The apparent contradiction arises because multicollinearity distorts
regression estimates in the full model. Removing one predictor at a time
resolves the issue, revealing that both x1x1 and x2x2 are actually
important.
x1 <- c(x1, 0.1)
x2 <- c(x2, 0.8)
y <- c(y, 6)
# Re-fit the full model (y ~ x1 + x2)
lm_full <- lm(y ~ x1 + x2)
summary(lm_full)
##
## Call:
## lm(formula = y ~ x1 + x2)
##
## Residuals:
## Min 1Q Median 3Q Max
## -2.95914 -0.44828 -0.01754 0.63117 2.61455
##
## Coefficients:
## Estimate Std. Error t value Pr(>|t|)
## (Intercept) 3.0513 0.1073 28.446 < 2e-16 ***
## x1 2.0923 0.2538 8.244 7.62e-13 ***
## x2 0.2643 0.1120 2.360 0.0202 *
## ---
## Signif. codes: 0 '***' 0.001 '**' 0.01 '*' 0.05 '.' 0.1 ' ' 1
##
## Residual standard error: 1.069 on 98 degrees of freedom
## Multiple R-squared: 0.8319, Adjusted R-squared: 0.8285
## F-statistic: 242.6 on 2 and 98 DF, p-value: < 2.2e-16
# Re-fit the model using only x1 (y ~ x1)
lm_x1 <- lm(y ~ x1)
summary(lm_x1)
##
## Call:
## lm(formula = y ~ x1)
##
## Residuals:
## Min 1Q Median 3Q Max
## -3.1065 -0.5046 0.0175 0.7306 3.0017
##
## Coefficients:
## Estimate Std. Error t value Pr(>|t|)
## (Intercept) 3.0430 0.1097 27.75 <2e-16 ***
## x1 2.6205 0.1224 21.41 <2e-16 ***
## ---
## Signif. codes: 0 '***' 0.001 '**' 0.01 '*' 0.05 '.' 0.1 ' ' 1
##
## Residual standard error: 1.094 on 99 degrees of freedom
## Multiple R-squared: 0.8224, Adjusted R-squared: 0.8206
## F-statistic: 458.4 on 1 and 99 DF, p-value: < 2.2e-16
# Re-fit the model using only x2 (y ~ x2)
lm_x2 <- lm(y ~ x2)
summary(lm_x2)
##
## Call:
## lm(formula = y ~ x2)
##
## Residuals:
## Min 1Q Median 3Q Max
## -3.4717 -1.0011 -0.1214 1.0702 3.2948
##
## Coefficients:
## Estimate Std. Error t value Pr(>|t|)
## (Intercept) 3.12748 0.13837 22.60 <2e-16 ***
## x2 1.07829 0.06836 15.77 <2e-16 ***
## ---
## Signif. codes: 0 '***' 0.001 '**' 0.01 '*' 0.05 '.' 0.1 ' ' 1
##
## Residual standard error: 1.385 on 99 degrees of freedom
## Multiple R-squared: 0.7154, Adjusted R-squared: 0.7125
## F-statistic: 248.8 on 1 and 99 DF, p-value: < 2.2e-16
I ran three models to predict y
Using x1 and x2 together:
When x1 and x2 are zero, y is around 3.077.

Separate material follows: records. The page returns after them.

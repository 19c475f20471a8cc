-- ===== src/NetStruct/PackageQueueMap/Tests.antt =====
-- The queue of packages at concrete inputs.
use sharpvpn.Base.{ℕ, ◌≡◌, refl, ◌∷◌, none, some, arith}
use sharpvpn.NetStruct.PackageQueueMap.{PackageQueueMap, init, at, push, resend, pop, erase}
use sharpvpn.NetStruct.PackageQueueMap.Queues.{IsValid, pop-Pops, push-pending, Pops}
use sharpvpn.NetStruct.PackageQueueMap.References.{
  erase_times, resend_times, erase_times-resend_times,
}

abbrev two_packages : PackageQueueMap ℕ
two_packages = push (push (init 4) 10 1) 20 2

-- An id to send again goes first.
pop-resend_first : (pop (resend two_packages 2)).0 ≡ some 20
unfolding init push resend pop at
pop-resend_first = refl

new_map-IsValid : IsValid (init {A = ℕ} 4)
unfolding init
new_map-IsValid = record {
  sends_valid = record { start_in = omega arith; len_in = omega arith; end_at = refl };
  resends_valid = record { start_in = omega arith; len_in = omega arith; end_at = refl };
}

two_packages-IsValid : IsValid two_packages
two_packages-IsValid =
    let one = push-pending (init 4) 10 1 new_map-IsValid (unfold init in omega arith) in
    (push-pending (push (init 4) 10 1) 20 2 one.0 (unfold init push in omega arith)).0

pop-Pops_example : Pops two_packages (pop two_packages)
pop-Pops_example = pop-Pops two_packages two_packages-IsValid

erase_times-resend_times_example :
    let p = push two_packages 30 3 in
    let r = resend_times 2 p 3 in
    (at (erase_times 1 r 3) 3 ≡ some 30)
    × ((erase_times 1 r 3).freed ≡ p.freed)
    × (at (erase (erase_times 2 r 3) 3) 3 ≡ none)
    × ((erase (erase_times 2 r 3) 3).freed ≡ 30 ∷ p.freed)
erase_times-resend_times_example =
    erase_times-resend_times 2 1 two_packages 30 3 (λ e. omega (arith, e)) (omega arith)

Increasing x1 by 1 increases y by 2.057.
Increasing x2 by 1 increases y by 0.281.
The model explains about 82.44% of the variation in y.
Using only x1
When x1 is zero, y is around 3.070.
Increasing x1 by 1 increases y by 2.620.
The model explains about 81.36% of the variation in y.
Using only x2:
When x2 is zero, y is around 3.147.
Increasing x2 by 1 increases y by 1.081.
The model explains about 71.24% of the variation in y.
both x1 and x2 are strong predictors of y, but x1 alone is almost as good as using both together.